As 44 obras revelam como os brasileiros assimilaram os expedientes da pop art – entre os quais o uso das impressões em silkscreen e as referências aos gibis. Com formação nos Estados Unidos, Duke Lee, hoje com 76 anos, foi um pioneiro na introdução dessas técnicas. Obras como Retrato de Samuel ou A Respeito de Vovô (1970) evidenciam por que ele foi quem melhor sintetizou no Brasil a influência de artistas como o inglês David Hockney. Assim como seus pares estrangeiros, os expoentes do pop nacional também celebravam a contracultura. É o caso de Aguilar, com suas imagens psicodélicas. Mas, no Brasil, acrescentou-se uma "cor local" à tendência – um tanto desviante em relação à idéia que norteava a arte pop, mas, ainda assim, original. A obra de Andy Warhol expunha uma visão irônica da cultura de massa. Aqui, seu espírito foi subvertido. "Nosso pop usou da mesma linguagem, mas transformou-a em instrumento de denúncia política e social", aponta o crítico Rodrigo Naves. Ou seja: deu origem a um certo "pop de protesto". A mostra contempla vários exemplos disso. De Tozzi, há pinturas que aludem à realidade da época, como Ocorrência 3114. A cena de uma viatura prestes a colidir com uma jovem esparramada na rua é uma alusão debochada à perseguição dos opositores do regime pelas forças policiais. É possível conferir ainda uma tela da série em que Antonio Henrique Amaral explora as bananas como metáforas do período de arbítrio – uma marca de sua obra.

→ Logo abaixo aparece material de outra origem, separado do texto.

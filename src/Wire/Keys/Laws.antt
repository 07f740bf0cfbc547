-- ===== src/Wire/Keys/Laws.antt =====
-- What was written is read back.
use libotrv.Prelude.{
  ℕ, ◌+◌, ◌-◌, ◌^◌, ◌≤◌, ◌<◌, ◌≡◌, refl, sym, ap, Option, none, some, [], ◌∷◌, ◌++◌, arith, ◌==◌,
  if◌then◌else◌, ltb-eq_false, leb-eq_true, length, take, drop, length-append, take-length_append,
  take_prefix, Bytes,
}
use libotrv.Crypto.{
  Goldilocks, GoldilocksLaws, Gcrypt, GcryptLaws, point_bytes, mod_len_bytes, dh_mpi_max_bytes,
}
use libotrv.Wire.Serialize.{serialize_uint32, serialize_bytes_array, serialize_data}
use libotrv.Wire.RoundTrip.{deserialize-serialize_uint32, serialize_data_append}
use libotrv.Wire.Keys.Codec.{
  ec_point_decode, serialize_ec_point, deserialize_ec_point, mpi_set, serialize_mpi, mpi_read_len,
  mpi_deserialize_no_copy, dh_mpi_serialize, dh_mpi_deserialize, serialize_dh_mpi_otr,
  deserialize_dh_mpi_otr,
}

module _ (g : Goldilocks) (laws : GoldilocksLaws g) where
  open g use {Point, encode, decode}
  open laws use {length-encode, decode-encode}

  pub length-serialize_ec_point : (p : Point) → length (serialize_ec_point g p) ≡ point_bytes
  unfolding serialize_ec_point
  length-serialize_ec_point p = length-encode p

  -- A point that was written is read back, whatever follows it.
  pub deserialize-serialize_ec_point :
      (p : Point) (rest : Bytes) → deserialize_ec_point g (serialize_ec_point g p ++ rest) ≡ some p
  unfolding serialize_ec_point deserialize_ec_point ec_point_decode
  deserialize-serialize_ec_point p rest =
      let (q, e, back) = decode-encode p in
      rw
        (ltb-eq_false (length (encode p ++ rest)) 57
          (omega (arith, length-append (encode p) rest, length-encode p)))
        (rw (take_prefix {A = ℕ} 57 (encode p) rest (sym (length-encode p))) (rw e (ap some back)))

mpi_body :
    (n : ℕ) (bytes rest : Bytes)
    → (if length bytes == 0 then record { len = 0; bytes = none } else record {
      len = length bytes;
      bytes = some (take (length bytes) (drop 4 (serialize_uint32 n ++ (bytes ++ rest))));
    })
      ≡ mpi_set bytes
unfolding mpi_set serialize_uint32
mpi_body n [] rest = refl
mpi_body n (b ∷ bytes) rest = ground (arith, take-length_append bytes rest)

serialize_mpi-mpi_set :
    (bytes rest : Bytes)
    → length bytes < 2 ^ 32
    → serialize_data (mpi_set bytes).bytes (mpi_set bytes).len ++ rest
      ≡ serialize_uint32 (length bytes) ++ (bytes ++ rest)
unfolding mpi_set
serialize_mpi-mpi_set [] rest h =
    unfold serialize_data serialize_bytes_array serialize_uint32 in refl
serialize_mpi-mpi_set (b ∷ bytes) rest h = serialize_data_append (b ∷ bytes) rest h

room :
    (n : ℕ) (bytes rest : Bytes) → length bytes ≤ length (serialize_uint32 n ++ (bytes ++ rest)) - 4
unfolding serialize_uint32
room n bytes rest = omega (arith, length-append bytes rest)

pub mpi_deserialize-serialize :
    (bytes rest : Bytes)
    → length bytes < 2 ^ 32
    → mpi_deserialize_no_copy (serialize_mpi (mpi_set bytes) ++ rest) ≡ some (mpi_set bytes, 4)
unfolding mpi_deserialize_no_copy mpi_read_len serialize_mpi
mpi_deserialize-serialize bytes rest h = rw (serialize_mpi-mpi_set bytes rest h) (
    rw (deserialize-serialize_uint32 (length bytes) (bytes ++ rest) h) (
      rw
        (leb-eq_true (length bytes)
          (length (serialize_uint32 (length bytes) ++ (bytes ++ rest)) - 4)
          (room (length bytes) bytes rest))
        (ap (λ m. some (m, 4)) (mpi_body (length bytes) bytes rest))))

module _ (c : Gcrypt) where
  open c use {Mpi, print}

  -- The numbers that the wire format tells from a null pointer.
  abbrev pub IsNumber : Option Mpi → Type 0
  IsNumber none = Unit {0}
  IsNumber (some m) = (0 < length (print m)) × (length (print m) ≤ mod_len_bytes)

  abbrev pub printed : Option Mpi → Bytes
  printed none = []
  printed (some m) = print m

  dh_mpi_serialize_lem :
      (mpi : Option Mpi) → IsNumber mpi → dh_mpi_serialize c mod_len_bytes mpi ≡ some (printed mpi)
  unfolding dh_mpi_serialize
  dh_mpi_serialize_lem none h = refl
  dh_mpi_serialize_lem (some m) h = rw (ltb-eq_false 384 (length (print m)) h.1)

  -- What `serialize_dh_mpi_otr` writes of a number, where the buffer has room for the longest one.
  pub serialize_dh_mpi_otr_lem :
      (len : ℕ) (mpi : Option Mpi)
      → IsNumber mpi
      → dh_mpi_max_bytes ≤ len
      → serialize_dh_mpi_otr c len mpi ≡ some (serialize_mpi (mpi_set (printed mpi)))
  unfolding serialize_dh_mpi_otr
  serialize_dh_mpi_otr_lem len mpi h room =
      rw (leb-eq_true 388 len room) (rw (dh_mpi_serialize_lem mpi h))

module _ (c : Gcrypt) (laws : GcryptLaws c) where
  open c use {Mpi, print, scan}
  open laws use {scan-print}

  dh_mpi_deserialize_scanned :
      (bytes : Bytes) (m : Mpi) (n : ℕ)
      → 0 < length bytes
      → scan bytes ≡ some (m, n)
      → dh_mpi_deserialize c none (mpi_set bytes) ≡ some (some m, n)
  unfolding dh_mpi_deserialize mpi_set
  dh_mpi_deserialize_scanned [] m n h e = elim h [ ]
  dh_mpi_deserialize_scanned (b ∷ bytes) m n h e = ground arith

  dh_mpi_deserialize_lem :
      (mpi : Option Mpi)
      → IsNumber c mpi
      → dh_mpi_deserialize c none (mpi_set (printed c mpi)) ≡ some (mpi, length (printed c mpi))
  dh_mpi_deserialize_lem none h = unfold dh_mpi_deserialize mpi_set in refl
  dh_mpi_deserialize_lem (some m) h =
      dh_mpi_deserialize_scanned (print m) m (length (print m)) h.0 (scan-print m)

  -- A number that `serialize_dh_mpi_otr` wrote, or the null pointer, is read back into a null `*dst`,
  -- whatever follows it, and exactly its bytes are read.
  pub deserialize-serialize_dh_mpi_otr :
      (mpi : Option Mpi) (rest : Bytes)
      → IsNumber c mpi
      → deserialize_dh_mpi_otr c none (serialize_mpi (mpi_set (printed c mpi)) ++ rest)
        ≡ some (mpi, length (printed c mpi) + 4)
  unfolding deserialize_dh_mpi_otr
  deserialize-serialize_dh_mpi_otr mpi rest h =
      rw (mpi_deserialize-serialize (printed c mpi) rest (small mpi h))
        (rw (dh_mpi_deserialize_lem mpi h))
    where
      small : (mpi : Option Mpi) → IsNumber c mpi → length (printed c mpi) < 2 ^ 32
      small none h = omega arith
      small (some m) h = omega (arith, h.1)

pub length-serialize_mpi :
    (bytes : Bytes) → length (serialize_mpi (mpi_set bytes)) ≡ 4 + length bytes
unfolding serialize_mpi mpi_set serialize_data serialize_bytes_array serialize_uint32
length-serialize_mpi [] = refl
length-serialize_mpi (b ∷ bytes) = omega arith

O marchand Ricardo Camargo, organizador de Vanguarda Tropical, acompanha os artistas dessa geração desde seus anos áureos – e tem sido também um dos responsáveis pelo resgate deles. "Quem comprou obras desse período por uma ninharia alguns anos atrás fez um excelente negócio", diz. Uma das razões para essa produção ter sido tão desprezada é que os artistas ficaram espremidos entre tendências de maior apelo. A década de 1960 foi de grande efervescência para as artes plásticas no país. Os adeptos da pop art marcaram presença nas exposições que são tidas como divisores de águas das vanguardas naquele momento, como Opinião 65 e Nova Objetividade Brasileira. Sua obra, no entanto, não teve a repercussão internacional nem a influência sobre as gerações posteriores obtidas por uma corrente como o neoconcretismo, com Hélio Oiticica e Lygia Clark à frente. Foram eclipsados, por fim, pelas gerações surgidas a partir dos anos 1980, já num mercado de arte profissionalizado e globalizado.

Antonio Dias continuou na tona, é verdade. Mas é uma exceção que confirma a regra. Ele não teria se tornado um dos mais valorizados artistas brasileiros vivos se não houvesse trafegado pelas tendências que vieram depois, do minimalismo à arte conceitual – uma obra dos anos 1980 que integra a exposição é um testemunho de como ele se reinventou. Rubens Gerchman, por seu turno, enveredou por uma arte francamente decorativa como forma de sobrevivência no mercado. Não deixa de ser irônico que suas antigas obras de denúncia das mazelas sociais – que, vistas pelo prisma de agora, são de um esquerdismo algo infantil – hoje possam atingir cifras tão respeitáveis.